Trying to Keep Ahead (while being behind)

25 Feb

Sorry to leave you all hanging like that, if there was anyone who felt that way.  I wasn’t even intending to post today except that I was catching up with Reflective Teacher  who graced me with the title of “The hardest working guy in the business” or something like that.  Funnily enough, this hardest working guy was on vacation!


One of the benefits of starting school in July is getting a week-long winter break in February and I’ve used it catch up tree pruning, gardening and some family time.   And blog reading, as I’m so woefully behind.  I really really needed the break but it is not without cost.  We have one week until the GAA is due.  Yeah, that thing.  I’ll just be glad to have it finished.


Every year, almost without exception, I always wonder if I will be back next year.  I never take my position for granted and am always looking around for whatever.  Last year it was the behaviorist position.  I’m actually glad that one didn’t work out as the person who got it is that good and it is that big of a job.


This year I’m having thoughts about a different sort of move.  I like what I do, at least as far as the kids.  But the extra work of the alternate assessment has totally sucked all the time away from what I would and should normally be doing with them.  Between that and LEAing IEP meetings I rarely get to see them at all! 


It was while LEAing IEP meetings that I realized there is an opportunity out there that I just might be able to take advantage of, if I so desired.  The students who were having IEPs last week were higher functioning and were in almost all regular education classes.  Some of these students were in serious need of extra help and were not getting it.  Many of them were in a resource class where the teacher just left two weeks ago and all that’s there is the para.  There are collaborative classes, especially for history, computers and some English.  But there are virtually no special education collaborative teachers available for math or science.
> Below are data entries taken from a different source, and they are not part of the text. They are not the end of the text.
-- ===== src/Net/Run/Connections.antt =====
-- The connections: none is left when Run has returned.
use vwnet_lib.Base.{
  ℕ, ◌≡◌, refl, ap, ◌∙◌, Bool, true, false, List, [], ℤ, pos, negsuc, if_both, if◌then◌else◌,
}
use vwnet_lib.Net.State.{
  Net, Handlers, delete_all_contexts, make_nonblock, add_event, set_event, registry_fd_handler,
  handle_accept,
}
use vwnet_lib.Net.Socket.{Inbound, Outbound}
use vwnet_lib.Net.Setup.{
  Service, is_positive, setup_epoll, clear_epoll, setup_command_fd, destroy, new_socket, sock_addr,
  try_call, set_reuse, init, net_at, bind, listen, next_ok, server_do_bind, server_start_service,
}
use vwnet_lib.Net.Run.{Report, RegisteredHandlers, serve, run_net}

module _ {A : Type 0} where
  abbrev pub NoConnection : Service A → Type 0
  NoConnection s = s.sys.net.contexts ≡ []

  -- A do_bind makes no connection, nor does a start_service that fails.
  abbrev pub BindsNone : (Service A → Bool × Service A) → Type 0
  BindsNone do_bind = (s : Service A) → NoConnection s → NoConnection (do_bind s).1

  abbrev pub StartsNone : (Service A → Bool × Service A) → Type 0
  StartsNone start_service =
      (s : Service A)
      → NoConnection s
      → (start_service s).0 ≡ false
      → NoConnection (start_service s).1

  clear_epoll-sys : (s : Service A) → (clear_epoll s).sys ≡ s.sys
  unfolding clear_epoll
  clear_epoll-sys s = if_both (λ (t : Service A). t.sys ≡ s.sys) (is_positive s.epollfd) refl refl

  pub destroy-sys : (s : Service A) → (destroy s).sys ≡ s.sys
  unfolding destroy
  destroy-sys s =
      let closed = if_both (λ (t : Service A). t.sys ≡ s.sys) (is_positive s.epollfd) refl refl in
      if_both (λ (t : Service A). t.sys ≡ s.sys) _ closed closed

  setup_epoll-sys : (s : Service A) → (setup_epoll s).1.sys ≡ s.sys
  unfolding setup_epoll
  setup_epoll-sys s =
      let closed = if_both (λ (t : Service A). t.sys ≡ s.sys) (is_positive s.epollfd) refl refl in
      if_both (λ (out : Bool × Service A). out.1.sys ≡ s.sys) _ closed closed

  new_socket-sys : (addr : ℕ) (s : Service A) → (new_socket addr s).sys ≡ s.sys
  unfolding new_socket
  new_socket-sys addr s =
      if_both (λ (t : Service A). t.sys ≡ s.sys) (is_positive s.svr_sfd) refl refl

  net_at-NoConnection :
      (fd : ℤ) (f : ℕ → Net → Net) (s : Service A)
      → ((j : ℕ) → (f j s.sys.net).contexts ≡ s.sys.net.contexts)
      → NoConnection s
      → NoConnection (net_at fd f s)
  net_at-NoConnection (pos fd) f s same none = same fd ∙ none
  net_at-NoConnection (negsuc n) f s same none = none

  pub server_do_bind-BindsNone : BindsNone server_do_bind
  unfolding server_do_bind make_nonblock
  server_do_bind-BindsNone s none =
      if_both (λ (out : Bool × Service A). NoConnection out.1) (next_ok s.oks).0
        (net_at-NoConnection s.svr_sfd make_nonblock (try_call bind s).1 (λ fd. refl) none) none

  pub server_start_service-StartsNone : StartsNone server_start_service
  unfolding server_start_service registry_fd_handler make_nonblock add_event set_event
  server_start_service-StartsNone s none denied =
      if_both (λ (out : Bool × Service A). NoConnection out.1) (next_ok s.oks).0
        (net_at-NoConnection s.svr_sfd (λ fd. registry_fd_handler fd handle_accept)
          (try_call listen s).1 (λ fd. refl) none)
        none

  pub init-NoConnection :
      (inet_addr : List ℕ → ℕ) (do_bind : Service A → Bool × Service A) (ip_addr : List ℕ)
      (port : ℕ) (s : Service A)
      → BindsNone do_bind
      → NoConnection s
      → NoConnection (init inet_addr do_bind ip_addr port s).1
  unfolding init
  init-NoConnection inet_addr do_bind ip_addr port s binds none =
      let addr = sock_addr inet_addr ip_addr port in
      let made : NoConnection (try_call set_reuse (new_socket addr s)).1 =
        ap (λ x. x.net.contexts) (new_socket-sys addr s) ∙ none in
      if_both (λ (out : Bool × Service A). NoConnection out.1) _ (binds _ made) made

  module _ (h : Handlers A) (ki : Inbound) (ko : Outbound) (reg : RegisteredHandlers h ki ko) where
    serve-NoConnection :
        (cmd_fd : ℤ) (waits : List (List (Report h ki ko))) (s : Service A)
        → NoConnection (serve h ki ko reg cmd_fd waits s)
    unfolding serve delete_all_contexts
    serve-NoConnection cmd_fd waits s = ap (λ x. x.net.contexts) (clear_epoll-sys _)

    pub run_net-NoConnection :
        (start_service : Service A → Bool × Service A) (waits : List (List (Report h ki ko)))
        (s : Service A)
        → StartsNone start_service
        → NoConnection s
        → NoConnection (run_net h ki ko reg start_service waits s)
    unfolding run_net
    run_net-NoConnection start_service waits s starts none =
        let set_up : NoConnection (setup_epoll s).1 =
          ap (λ x. x.net.contexts) (setup_epoll-sys s) ∙ none in
        let (ready, s₁) = setup_epoll s in
        let (started, s₂) = start_service s₁ in
        let (cmd_fd, s₃) = setup_command_fd s₂ in
        chosen s.init_done ready started (serve h ki ko reg cmd_fd waits s₃) s₂ s₁ s
          (serve-NoConnection cmd_fd waits s₃) (starts s₁ set_up) set_up none
      where
        chosen :
            (done ready started : Bool) (t₃ t₂ t₁ t₀ : Service A)
            → NoConnection t₃
            → (started ≡ false → NoConnection t₂)
            → NoConnection t₁
            → NoConnection t₀
            → NoConnection
                (if done then (if ready then (if started then t₃ else t₂) else t₁) else t₀)
        chosen false ready started t₃ t₂ t₁ t₀ p₃ p₂ p₁ p₀ = p₀
        chosen true false started t₃ t₂ t₁ t₀ p₃ p₂ p₁ p₀ = p₁
        chosen true true false t₃ t₂ t₁ t₀ p₃ p₂ p₁ p₀ = p₂ refl
        chosen true true true t₃ t₂ t₁ t₀ p₃ p₂ p₁ p₀ = p₃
Again, this is a bit of fall-out from NCLB.  According to NCLB, students are to be taught be teachers who are Highly Qualified (HQ).  If a student is in a regular education class, they will have a regular education teacher who is HQ.  No problems, right?  However, at least the way the HQ provision is being applied at our high school the collaborative Sp. Ed. teachers also have to be HQ in the subject they are collaborating.  IOW, the collab history teacher needs to be HQ in special education and history.  History is no problem at all, since many special educators are old social studies majors.  However, how many old math or science majors are out there who also have degrees in special education?  I do know of one science teacher who did special education but he is now doing science full-time. 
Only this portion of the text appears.